The biography displays Les Payne’s pain staking pursuit of significant detail and a novelist’s sense of literary flair and pacing. In particular, scores of investigatory interviews establish a compelling historical record that includes members of the Ku Klux Klan who sought Malcolm’s help to eliminate Martin Luther King, and members of the Nation of Islam who were the planners of Malcolm’s murder. This is one of Les Payne’s great achievements—to extract from the culprits themselves death bed confessions and historical clarifications of the killings of the two most famous black men of the era. For Les Payne, the book is a labor of love that he worked on for much of his life. He views Malcolm X as a thinker in constant ideological transition.
The biography has four main sections: Part I (1925-1939); Part II (1939-1946); Part III (1946-1963); and Part IV (1963-1965). Malcolm’s early life established austere beliefs—his father, Earl Little, a follower of Marcus Garvey and a stern taskmaster was killed by a trolley car. The facts are not clear–if by accident, suicide, or murder by white supremacists. Malcolm always claimed murder. His mother, Louise Little, wrote for Negro World, often praising her husband’s activism in Omaha’s chapter of the Garveyite Universal Negro Improvement Association (UNIA). (1)
In “The Night I Stopped Being A Negro,” Les Payne eloquently states how Malcom X impressed him: “For all their polemical posturing, not even [James] Baldwin, Martin Luther King, or the great Richard Wright, with all his crossed up feelings, had liberated themselves from the poisoned weed of black self-loathing with its deeply entangled roots in the psyche” (Introduction, xii). For Payne, this foundational belief drives the book’s narrative.

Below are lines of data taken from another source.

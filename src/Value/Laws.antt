-- ===== src/Value/Laws.antt =====
-- Facts on `===`, on property lookup and on object spread.
use flux_fast.Shared.{String, ◌≡◌, refl, true, false, ◌⊎◌, arith, eq_iff, str_eq, if◌then◌else◌}
use flux_fast.Value.{
  Value, num, str, Fields, end, field, same, to_text, get_field, has_field, set_field, spread,
}

-- Two values that `===` identifies, or one value.
abbrev pub Same : Value → Value → Type 0
Same a b = (a ≡ b) ⊎ (same a b ≡ true)

-- A primitive that `===` identifies with something prints like it.
pub to_text_of_same_num : (n : String) (v : Value) → same v (num n) ≡ true → to_text v ≡ n
unfolding same to_text
to_text_of_same_num n (num m) h = ground (arith, eq_iff m n, eq_iff m "NaN")
to_text_of_same_num n _ h = cc

pub to_text_of_same_str : (s : String) (v : Value) → same v (str s) ≡ true → to_text v ≡ s
unfolding same to_text
to_text_of_same_str s (str t) h = (eq_iff t s).0 h
to_text_of_same_str s _ h = cc

pub get_field-set_field :
    (k j : String) (v : Value) (fs : Fields)
    → get_field j (set_field k v fs) ≡ (if str_eq k j then v else get_field j fs)
unfolding get_field set_field
get_field-set_field k j v end = refl
get_field-set_field k j v (field i w fs) =
    ground (arith, eq_iff k j, eq_iff i k, eq_iff i j, get_field-set_field k j v fs)

-- No property twice.
abbrev pub DistinctFields : Fields → Type 0
DistinctFields end = Unit
DistinctFields (field k v fs) = (has_field k fs ≡ false) × DistinctFields fs

pub get_field-spread :
    (k : String) (fs gs : Fields)
    → DistinctFields gs
    → get_field k (spread fs gs) ≡ (if has_field k gs then get_field k gs else get_field k fs)
unfolding get_field has_field spread
get_field-spread k fs end d = refl
get_field-spread k fs (field j v gs) d =
    ground (
      arith,
      eq_iff j k,
      get_field-spread k (set_field j v fs) gs d.1,
      get_field-set_field j k v fs,
    )
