-- ===== src/Store/Validity.antt =====
-- When a ResourceStore of packages/core/src/store.ts is well formed: what the four collections say
-- of one key, and the limits.
use flux_fast.Shared.{
  String, ◌<◌, ◌≤◌, ◌≡◌, Bool, true, false, Option, none, some, is_some, elem, Distinct, str_dec,
}
use flux_fast.Shared.JsMap.{get, keys, size}
use flux_fast.Value.{undefined}
use flux_fast.Value.Laws.{Same}
use flux_fast.Store.State.{
  ResourceRecord, ResourceStatus, missing, ready, error, status_eq, ResourceErrorDetail,
  ResourceStateSnapshot, ResourceStore,
}

-- The status and the error of a stored snapshot fit each other.
pub record IsStatus (status : ResourceStatus) (problem : Option ResourceErrorDetail) : Type 0 where
  pub not_missing : status_eq status missing ≡ false
  pub error_iff : is_some problem ≡ status_eq status error

-- A snapshot of a key with no record, and of a key with one. `stale` says whether the key is stale.
pub record IsEmptySnapshot (st : ResourceStateSnapshot) (stale : Bool) : Type 0 where
  pub status : IsStatus st.status st.error
  pub not_ready : status_eq st.status ready ≡ false
  pub fresh : st.stale ≡ false
  pub key_fresh : stale ≡ false
  pub no_value : Same st.value undefined

pub record IsFullSnapshot (key : String) (r : ResourceRecord) (st : ResourceStateSnapshot)
    (stale : Bool) : Type 0 where
  pub status : IsStatus st.status st.error
  pub same_stale : st.stale ≡ stale
  pub same_value : Same st.value r.value
  pub keyed : r.key ≡ key

-- What the records, the snapshots, the stale keys and the LRU order say of one key.
abbrev pub Agree :
    String → Option ResourceRecord → Option ResourceStateSnapshot → Bool → Bool → Type 0
Agree key none none stale listed = (stale ≡ false) × (listed ≡ false)
Agree key none (some st) stale listed = IsEmptySnapshot st stale × (listed ≡ true)
Agree key (some r) none stale listed = ⊥
Agree key (some r) (some st) stale listed = IsFullSnapshot key r st stale × (listed ≡ true)

abbrev pub AgreeAt : ResourceStore → String → Type 0
AgreeAt s key =
    Agree key (get str_dec key s.records) (get str_dec key s.state_snapshots)
      (elem str_dec key s.stale_keys) (elem str_dec key s.lru_order)

-- No collection holds a key twice, and there is room for one resource.
pub record IsShaped (s : ResourceStore) : Type 0 where
  pub positive : 0 < s.max_resources
  pub lru_order : Distinct str_dec s.lru_order
  pub stale_keys : Distinct str_dec s.stale_keys
  pub records : Distinct str_dec (keys s.records)
  pub state_snapshots : Distinct str_dec (keys s.state_snapshots)

pub record IsConsistent (s : ResourceStore) : Type 0 where
  pub shaped : IsShaped s
  pub agree : (key : String) → AgreeAt s key

pub record Fits (s : ResourceStore) : Type 0 where
  pub records : size s.records ≤ s.max_resources
  pub state_snapshots : size s.state_snapshots ≤ s.max_resources

-- The invariant: the collections agree on every key, and none is over the limit.
pub record IsValid (s : ResourceStore) : Type 0 where
  pub consistent : IsConsistent s
  pub fits : Fits s
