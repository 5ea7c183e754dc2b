-- ===== src/Store/Eviction.antt =====
-- Eviction in packages/core/src/store.ts: `invalidate`, `touchLru` and the loop of `evictIfNeeded`.
use flux_fast.Shared.{
  String, ◌≡◌, refl, subst, ◌≢◌, false, ◌&&◌, not, none, is_yes, List, [], ◌∷◌, ite, arith, elem,
  Distinct, str_dec, elem-remove, remove-Distinct,
}
use flux_fast.Shared.JsMap.{get, has, get-delete, delete-Distinct, size_of_no_key}
use flux_fast.Store.State.{ResourceStore}
use flux_fast.Store.Internals.{notify, invalidate, over_limit}
use flux_fast.Store.Validity.{Agree, AgreeAt, IsShaped, IsConsistent}

module _ (k j : String) (s : ResourceStore) where
  pub records-invalidate :
      get str_dec j (invalidate k s).records ≡ ite (str_dec k j) none (get str_dec j s.records)
  unfolding invalidate notify
  records-invalidate = ground (arith, get-delete str_dec k j s.records)

  pub state_snapshots-invalidate :
      get str_dec j (invalidate k s).state_snapshots
      ≡ ite (str_dec k j) none (get str_dec j s.state_snapshots)
  unfolding invalidate notify
  state_snapshots-invalidate = ground (arith, get-delete str_dec k j s.state_snapshots)

  pub stale_keys-invalidate :
      Distinct str_dec s.stale_keys
      → elem str_dec j (invalidate k s).stale_keys
        ≡ (not (is_yes (str_dec k j)) && elem str_dec j s.stale_keys)
  unfolding invalidate notify
  stale_keys-invalidate d = ground (arith, elem-remove str_dec k j s.stale_keys d)

  -- A key that the store knows nothing of is not in the LRU order.
  pub lru_order-invalidate :
      Distinct str_dec s.lru_order
      → (has str_dec k s.records ≡ false
          → has str_dec k s.state_snapshots ≡ false
          → elem str_dec k s.lru_order ≡ false)
      → elem str_dec j (invalidate k s).lru_order
        ≡ (not (is_yes (str_dec k j)) && elem str_dec j s.lru_order)
  unfolding invalidate notify
  lru_order-invalidate d h = ground (arith, elem-remove str_dec k j s.lru_order d)

pub invalidate-IsShaped : (k : String) (s : ResourceStore) → IsShaped s → IsShaped (invalidate k s)
unfolding invalidate notify
invalidate-IsShaped k s h = ground (
  arith,
  remove-Distinct str_dec k s.lru_order,
  remove-Distinct str_dec k s.stale_keys,
  delete-Distinct str_dec k s.records,
  delete-Distinct str_dec k s.state_snapshots,
)

-- Invalidating a key repairs whatever the store said of it, and says nothing else of another key.
pub invalidate-IsConsistent :
    (k : String) (s : ResourceStore)
    → IsShaped s
    → ((j : String) → k ≢ j → AgreeAt s j)
    → (has str_dec k s.records ≡ false
        → has str_dec k s.state_snapshots ≡ false
        → elem str_dec k s.lru_order ≡ false)
    → IsConsistent (invalidate k s)
invalidate-IsConsistent k s h others absent = record {
  shaped = invalidate-IsShaped k s h;
  agree = λ j.
      rw
        (
          records-invalidate k j s,
          state_snapshots-invalidate k j s,
          stale_keys-invalidate k j s h.stale_keys,
          lru_order-invalidate k j s h.lru_order absent,
        )
        (split j (str_dec k j));
}
  where
    split :
        (j : String) (d : Dec (k ≡ j))
        → Agree j
            (ite d none (get str_dec j s.records))
            (ite d none (get str_dec j s.state_snapshots))
            (not (is_yes d) && elem str_dec j s.stale_keys)
            (not (is_yes d) && elem str_dec j s.lru_order)
    split j (yes p) = (refl, refl)
    split j (no p) = others j p

-- The store after a round of the loop of `evictIfNeeded`.
abbrev pub evicted : String → List String → ResourceStore → ResourceStore
evicted k rest s = invalidate k (record s { lru_order = rest })

pub evicted-IsConsistent :
    (k : String) (rest : List String) (s : ResourceStore)
    → s.lru_order ≡ k ∷ rest
    → IsConsistent s
    → IsConsistent (evicted k rest s)
unfolding elem
evicted-IsConsistent k rest s e h =
    invalidate-IsConsistent k (record s { lru_order = rest })
      (record {
        positive = h.shaped.positive;
        lru_order = d.1;
        stale_keys = h.shaped.stale_keys;
        records = h.shaped.records;
        state_snapshots = h.shaped.state_snapshots;
      })
      (λ j ne. others j ne (h.agree j)) (λ _ _. d.0)
  where
    d : Distinct str_dec (k ∷ rest)
    d = subst (λ l. Distinct str_dec l) e h.shaped.lru_order

    listed : (j : String) → k ≢ j → elem str_dec j s.lru_order ≡ elem str_dec j rest
    listed j ne = rw e (ground arith)

    others : (j : String) → k ≢ j → AgreeAt s j → AgreeAt (record s { lru_order = rest }) j
    others j ne a =
        subst
          (λ b.
            Agree j (get str_dec j s.records) (get str_dec j s.state_snapshots)
              (elem str_dec j s.stale_keys) b)
          (listed j ne) a

-- With no key in the LRU order there is nothing in the store.
pub not-over_limit_of_nil :
    (s : ResourceStore) → IsConsistent s → s.lru_order ≡ [] → over_limit s ≡ false
unfolding elem
not-over_limit_of_nil s h e = ground (
  arith,
  size_of_no_key str_dec s.records (λ k. (nothing k (h.agree k)).0),
  size_of_no_key str_dec s.state_snapshots (λ k. (nothing k (h.agree k)).1),
  h.shaped.positive,
)
  where
    nothing :
        (k : String)
        → AgreeAt s k
        → (has str_dec k s.records ≡ false) × (has str_dec k s.state_snapshots ≡ false)
    nothing k a = let unlisted : elem str_dec k s.lru_order ≡ false = rw e refl in ground arith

Malcolm embodied an icon of transformation from being “a negro” and defined as victim, to being “black” and historical protagonist. (2)

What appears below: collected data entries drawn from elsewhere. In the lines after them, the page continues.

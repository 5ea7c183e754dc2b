-- ===== src/Store/Snapshots.antt =====
-- `touchLru` and `updateStateSnapshot` of packages/core/src/store.ts keep the store well formed.
use flux_fast.Shared.{
  String, ◌≡◌, refl, ap, subst, ◌∙◌, ◌≢◌, inl, inr, Bool, true, false, ◌&&◌, ◌||◌, not, Option,
  none, some, is_some, is_yes, get_or, List, [], ◌∷◌, ◌++◌, ite, arith, elem, remove, Distinct,
  str_dec, elem-append, elem-remove, elem-remove_self, remove-Distinct, append_last-Distinct,
}
use flux_fast.Shared.JsMap.{get, has, get-set, get-delete, set-Distinct, delete-Distinct}
use flux_fast.Value.{same}
use flux_fast.Store.State.{
  ResourceRecord, ResourceStatus, missing, ready, error, status_eq, ResourceErrorDetail,
  ResourceStateSnapshot, missing_resource_state, same_error, ResourceStore,
}
use flux_fast.Store.Internals.{
  touch_lru, value_of, frozen_error, is_unchanged, is_nothing, drop_snapshot, put_snapshot,
}
use flux_fast.Store.Validity.{IsStatus, Agree, AgreeAt, IsShaped, IsConsistent}

pub elem-touch_lru :
    (k j : String) (l : List String)
    → Distinct str_dec l
    → elem str_dec j (remove str_dec k l ++ k ∷ []) ≡ (is_yes (str_dec k j) || elem str_dec j l)
unfolding elem
elem-touch_lru k j l d =
    ground (arith, elem-append str_dec j (remove str_dec k l) (k ∷ []), elem-remove str_dec k j l d)

pub touch_lru-Distinct :
    (k : String) (l : List String)
    → Distinct str_dec l
    → Distinct str_dec (remove str_dec k l ++ k ∷ [])
touch_lru-Distinct k l d =
    append_last-Distinct str_dec k (remove str_dec k l) (remove-Distinct str_dec k l d)
      (elem-remove_self str_dec k l d)

-- A touched key moves; its snapshot already lists it.
pub touch_lru-IsConsistent :
    (k : String) (s : ResourceStore)
    → IsConsistent s
    → has str_dec k s.state_snapshots ≡ true
    → IsConsistent (touch_lru k s)
touch_lru-IsConsistent k s h known = record {
  shaped = record {
    positive = h.shaped.positive;
    lru_order = touch_lru-Distinct k s.lru_order h.shaped.lru_order;
    stale_keys = h.shaped.stale_keys;
    records = h.shaped.records;
    state_snapshots = h.shaped.state_snapshots;
  };
  agree = λ j.
      rw (elem-touch_lru k j s.lru_order h.shaped.lru_order) (split j (str_dec k j) (h.agree j));
}
  where
    split :
        (j : String) (d : Dec (k ≡ j))
        → AgreeAt s j
        → Agree j
            (get str_dec j s.records)
            (get str_dec j s.state_snapshots)
            (elem str_dec j s.stale_keys)
            (is_yes d || elem str_dec j s.lru_order)
    split j (no p) a = a
    split j (yes p) a =
        subst
          (λ b.
            Agree j (get str_dec j s.records) (get str_dec j s.state_snapshots)
              (elem str_dec j s.stale_keys) b)
          listed a
      where
        listed : elem str_dec j s.lru_order ≡ true
        listed = ground (arith, ap (λ i. has str_dec i s.state_snapshots) p)

-- Writing the snapshot of one key, where it fits what else is said of that key.
pub put_snapshot-IsConsistent :
    (k : String) (st : ResourceStateSnapshot) (s : ResourceStore)
    → IsShaped s
    → ((j : String) → k ≢ j → AgreeAt s j)
    → Agree k (get str_dec k s.records) (some st) (elem str_dec k s.stale_keys) true
    → IsConsistent (put_snapshot k st s)
put_snapshot-IsConsistent k st s h others own = record {
  shaped = record {
    positive = h.positive;
    lru_order = touch_lru-Distinct k s.lru_order h.lru_order;
    stale_keys = h.stale_keys;
    records = h.records;
    state_snapshots = set-Distinct str_dec k st s.state_snapshots h.state_snapshots;
  };
  agree = λ j.
      rw (elem-touch_lru k j s.lru_order h.lru_order, get-set str_dec k j st s.state_snapshots)
        (split j (str_dec k j));
}
  where
    split :
        (j : String) (d : Dec (k ≡ j))
        → Agree j
            (get str_dec j s.records)
            (ite d (some st) (get str_dec j s.state_snapshots))
            (elem str_dec j s.stale_keys)
            (is_yes d || elem str_dec j s.lru_order)
    split j (no p) = others j p
    split j (yes p) =
        subst (λ i. Agree i (get str_dec i s.records) (some st) (elem str_dec i s.stale_keys) true)
          p own

-- Dropping the snapshot of a key that has no record.
pub drop_snapshot-IsConsistent :
    (k : String) (s : ResourceStore)
    → IsShaped s
    → ((j : String) → k ≢ j → AgreeAt s j)
    → get str_dec k s.records ≡ none
    → elem str_dec k s.stale_keys ≡ false
    → IsConsistent (drop_snapshot k s)
drop_snapshot-IsConsistent k s h others empty fresh =
    rw (empty, drop_snapshot)
      (record {
        shaped = record {
          positive = h.positive;
          lru_order = remove-Distinct str_dec k s.lru_order h.lru_order;
          stale_keys = h.stale_keys;
          records = h.records;
          state_snapshots = delete-Distinct str_dec k s.state_snapshots h.state_snapshots;
        };
        agree = λ j.
            rw
              (
                elem-remove str_dec k j s.lru_order h.lru_order,
                get-delete str_dec k j s.state_snapshots,
              )
              (split j (str_dec k j));
      })
  where
    split :
        (j : String) (d : Dec (k ≡ j))
        → Agree j
            (get str_dec j s.records)
            (ite d none (get str_dec j s.state_snapshots))
            (elem str_dec j s.stale_keys)
            (not (is_yes d) && elem str_dec j s.lru_order)
    split j (no p) = others j p
    split j (yes p) =
        subst (λ i. Agree i (get str_dec i s.records) none (elem str_dec i s.stale_keys) false) p
          (rw (empty, fresh) (refl, refl))

-- What a caller of `updateStateSnapshot` asks for, in terms of the record and of the stale keys.
abbrev pub Target :
    String
    → Option ResourceRecord
    → Bool
    → ResourceStatus
    → Option ResourceErrorDetail
    → Bool
    → Type 0
Target key none key_stale status problem stale =
    (stale ≡ false)
    × (key_stale ≡ false)
    × (is_some problem ≡ status_eq status error)
    × (status_eq status ready ≡ false)
Target key (some r) key_stale status problem stale =
    (stale ≡ key_stale) × (r.key ≡ key) × IsStatus status problem

pub status_eq→eq : (a b : ResourceStatus) → status_eq a b ≡ true → a ≡ b
status_eq→eq a b h = unfold status_eq in ground arith

same_error→is_some :
    (a b : Option ResourceErrorDetail) → same_error a b ≡ true → is_some a ≡ is_some b
unfolding same_error
same_error→is_some a b h = ground arith

pub is_some-frozen_error :
    (a b : Option ResourceErrorDetail) → is_some (frozen_error a b) ≡ is_some b
is_some-frozen_error a b = ground arith

-- A stored snapshot is never that of a missing resource.
abbrev pub IsStored : Option ResourceStateSnapshot → Type 0
IsStored none = Unit {0}
IsStored (some st) = status_eq st.status missing ≡ false

-- The snapshot that is there says what is asked for.
pub unchanged-Agree :
    (k : String) (r : Option ResourceRecord) (st : Option ResourceStateSnapshot)
    (status : ResourceStatus) (problem : Option ResourceErrorDetail) (stale key_stale : Bool)
    → IsStored st
    → Target k r key_stale status problem stale
    → is_unchanged (get_or st missing_resource_state) (value_of r) status problem stale ≡ true
    → Agree k r st key_stale (is_some st)
unfolding is_unchanged
unchanged-Agree k none none status problem stale key_stale m t h = (t.1, refl)
unchanged-Agree k (some r) none status problem stale key_stale m t h =
    ground (arith, status_eq→eq missing status, t.2.not_missing, missing_self)
  where
    missing_self : status_eq missing missing ≡ true
    missing_self = unfold status_eq in refl
unchanged-Agree k none (some st) status problem stale key_stale m t h = (
  record {
    status = record {
      not_missing = m;
      error_iff =
          ground (arith, status_eq→eq st.status status, same_error→is_some st.error problem);
    };
    not_ready = ground (arith, status_eq→eq st.status status);
    fresh = ground arith;
    key_fresh = t.1;
    no_value = inr (ground arith);
  },
  refl,
)
unchanged-Agree k (some r) (some st) status problem stale key_stale m t h = (
  record {
    status = record {
      not_missing = ground (arith, status_eq→eq st.status status, t.2.not_missing);
      error_iff = ground (
        arith,
        status_eq→eq st.status status,
        same_error→is_some st.error problem,
        t.2.error_iff,
      );
    };
    same_stale = ground arith;
    same_value = inr (ground arith);
    keyed = t.1;
  },
  refl,
)

-- The snapshot that is written says what is asked for.
pub changed-Agree :
    (k : String) (r : Option ResourceRecord) (current : Option ResourceErrorDetail)
    (status : ResourceStatus) (problem : Option ResourceErrorDetail) (stale key_stale : Bool)
    → Target k r key_stale status problem stale
    → is_nothing (value_of r) status problem stale ≡ false
    → Agree k r
        (some (record {
          value = value_of r;
          status = status;
          error = frozen_error current problem;
          stale = stale;
        }))
        key_stale
        true
unfolding is_nothing same
changed-Agree k none current status problem stale key_stale t h = (
  record {
    status = record {
      not_missing = unfold status_eq in ground arith;
      error_iff = is_some-frozen_error current problem ∙ t.2;
    };
    not_ready = t.3;
    fresh = t.0;
    key_fresh = t.1;
    no_value = inl refl;
  },
  refl,
)
changed-Agree k (some r) current status problem stale key_stale t h = (
  record {
    status = record {
      not_missing = t.2.not_missing;
      error_iff = is_some-frozen_error current problem ∙ t.2.error_iff;
    };
    same_stale = t.0;
    same_value = inl refl;
    keyed = t.1;
  },
  refl,
)

-- A snapshot with nothing to say belongs to a key with no record.
pub nothing-no_record :
    (k : String) (r : Option ResourceRecord) (status : ResourceStatus)
    (problem : Option ResourceErrorDetail) (stale key_stale : Bool)
    → Target k r key_stale status problem stale
    → is_nothing (value_of r) status problem stale ≡ true
    → (r ≡ none) × (key_stale ≡ false)
unfolding is_nothing
nothing-no_record k none status problem stale key_stale t h = (refl, t.1)
nothing-no_record k (some r) status problem stale key_stale t h = ground (arith, t.2.not_missing)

The Paynes’ text is best read within the context of other influential works on Malcom. Alex Haley’s edited The Autobiography of Malcom X (1965) established Malcolm’s legacy and became a global phenomenon. A quarter century later, Bruce Perry’s Malcolm: The Life of a Man Who Changed Black America (1991), entailed exhaustive research, including many interviews of those who knew Malcolm personally. Perry also edited Malcolm X: The Last Speeches (Malcolm X Speeches and Writings) (1989).

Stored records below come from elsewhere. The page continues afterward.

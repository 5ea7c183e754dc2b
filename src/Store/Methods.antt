-- ===== src/Store/Methods.antt =====
-- The methods of ResourceStore in packages/core/src/store.ts keep the store valid.
use flux_fast.Shared.{
  String, ◌≡◌, refl, ◌∙◌, Bool, true, false, Option, none, some, is_some, List, arith, elem,
  str_dec,
}
use flux_fast.Shared.JsMap.{Map, get, has, size-delete-le}
use flux_fast.Store.State.{ResourceRecord, ResourceStateSnapshot, Callback, Call, ResourceStore}
use flux_fast.Store.Internals.{touch_lru, notify, invalidate}
use flux_fast.Store.Operations.{get_snapshot, get_state_snapshot, get_record}
use flux_fast.Store.Validity.{Agree, IsConsistent, IsValid}
use flux_fast.Store.Eviction.{invalidate-IsConsistent}
use flux_fast.Store.Snapshots.{IsStored, touch_lru-IsConsistent}

-- Validity does not depend on who listens.
pub listeners-IsValid :
    (s : ResourceStore) (subs : Map String (List Callback)) (all : List Callback)
    (calls : List Call)
    → IsValid s
    → IsValid (record s { subscribers = subs; global_subscribers = all; calls = calls })
listeners-IsValid s subs all calls h = record {
  consistent = record {
    shaped = record {
      positive = h.consistent.shaped.positive;
      lru_order = h.consistent.shaped.lru_order;
      stale_keys = h.consistent.shaped.stale_keys;
      records = h.consistent.shaped.records;
      state_snapshots = h.consistent.shaped.state_snapshots;
    };
    agree = h.consistent.agree;
  };
  fits = record { records = h.fits.records; state_snapshots = h.fits.state_snapshots };
}

pub notify-IsValid : (k : String) (s : ResourceStore) → IsValid s → IsValid (notify k s)
unfolding notify
notify-IsValid k s h = listeners-IsValid s s.subscribers s.global_subscribers _ h

-- A key with a record has a snapshot, and both are in the LRU order.
pub has_snapshot :
    (k : String) (s : ResourceStore)
    → IsConsistent s
    → has str_dec k s.records ≡ true
    → has str_dec k s.state_snapshots ≡ true
has_snapshot k s h p = go (get str_dec k s.records) (get str_dec k s.state_snapshots) (h.agree k) p
  where
    go :
        (r : Option ResourceRecord) (st : Option ResourceStateSnapshot)
        → Agree k r st (elem str_dec k s.stale_keys) (elem str_dec k s.lru_order)
        → is_some r ≡ true
        → is_some st ≡ true
    go none st a p = cc
    go (some r) none a p = absurd a
    go (some r) (some st) a p = refl

pub touch_lru-IsValid :
    (k : String) (s : ResourceStore)
    → IsValid s
    → has str_dec k s.state_snapshots ≡ true
    → IsValid (touch_lru k s)
touch_lru-IsValid k s h p = record {
  consistent = touch_lru-IsConsistent k s h.consistent p;
  fits = record { records = h.fits.records; state_snapshots = h.fits.state_snapshots };
}

-- What a consistent store says of one key, as an update of that key wants it.
pub IsReady_of :
    (k : String) (s : ResourceStore)
    → IsConsistent s
    → IsStored (get str_dec k s.state_snapshots)
      × (elem str_dec k s.lru_order ≡ has str_dec k s.state_snapshots)
      × (has str_dec k s.records ≡ false → elem str_dec k s.stale_keys ≡ false)
IsReady_of k s h =
    go (get str_dec k s.records) (get str_dec k s.state_snapshots) (elem str_dec k s.stale_keys)
      (elem str_dec k s.lru_order) (h.agree k)
  where
    go :
        (r : Option ResourceRecord) (st : Option ResourceStateSnapshot) (stale listed : Bool)
        → Agree k r st stale listed
        → IsStored st × (listed ≡ is_some st) × (is_some r ≡ false → stale ≡ false)
    go none none stale listed a = (tt, a.1, λ _. a.0)
    go none (some st) stale listed a = (a.0.status.not_missing, a.1, λ _. a.0.key_fresh)
    go (some r) none stale listed a = absurd a
    go (some r) (some st) stale listed a = (a.0.status.not_missing, a.1, λ p. cc)

module _ (k : String) (s : ResourceStore) (h : IsValid s) where
  pub invalidate-IsValid : IsValid (invalidate k s)
  unfolding invalidate notify
  invalidate-IsValid = record {
    consistent =
        invalidate-IsConsistent k s h.consistent.shaped (λ j _. h.consistent.agree j)
          (λ _ p. (IsReady_of k s h.consistent).1 ∙ p);
    fits = ground (
      arith,
      h.fits.records,
      h.fits.state_snapshots,
      size-delete-le str_dec k s.records,
      size-delete-le str_dec k s.state_snapshots,
    );
  }

  pub get_state_snapshot-IsValid : IsValid (get_state_snapshot k s).0
  unfolding get_state_snapshot
  get_state_snapshot-IsValid =
      ground (arith, h, touch_lru-IsValid k s h, has_snapshot k s h.consistent)

  pub get_record-IsValid : IsValid (get_record k s).0
  unfolding get_record
  get_record-IsValid = ground (arith, h, touch_lru-IsValid k s h, has_snapshot k s h.consistent)

  pub get_snapshot-IsValid : IsValid (get_snapshot k s).0
  unfolding get_snapshot
  get_snapshot-IsValid = ground (arith, h, touch_lru-IsValid k s h, has_snapshot k s h.consistent)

Manning Marable’s Malcolm X: A Life of Reinvention (2011) traced Malcolm’s constant reevaluation of his own beliefs, including his shift to class politics. It received the Pulitzer and was praised by acclaimed black figures, Cornel West, Eric Dyson, and Ta-Nhsei Coates.
In rebuttals to Marable, Bruce Perry and Todd Steven Burroughs edited A Lie of Reinvention: Correcting Manning Marable’s Reinvention (2015). Recently, was the publication The End of White World Supremacy: Four Speeches (2020), edited by Imam Benjamin Karim. Finally, Peniel E. Joseph’s The Sword and the Shield: The Revolutionary Lives of Malcolm X and Martin Luther King Jr. (2020) argues that Malcolm and King were much closer ideologically than is commonly believed.
Thus, mapping the ideological terrain of Malcolm X studies partially clarifies the Paynes’ task.
Significantly, Spike Lee’s biopic Malcolm X (1992), starring Denzel Washington, achieved global acclaim by mainstream critics and influenced millions who may or may not have read the original autobiography. The 2019 fictional television series Godfather of Harlem featured Malcolm immersed in Harlem’s complex power relationships. Most recently, One Night in Miami (2021) directed by Regina King fictionalizes an actual gathering of Malcolm, football star Jim Brown, singer Sam Cook, and soon to be champion Cassius Clay, before his religious conversion to Islam.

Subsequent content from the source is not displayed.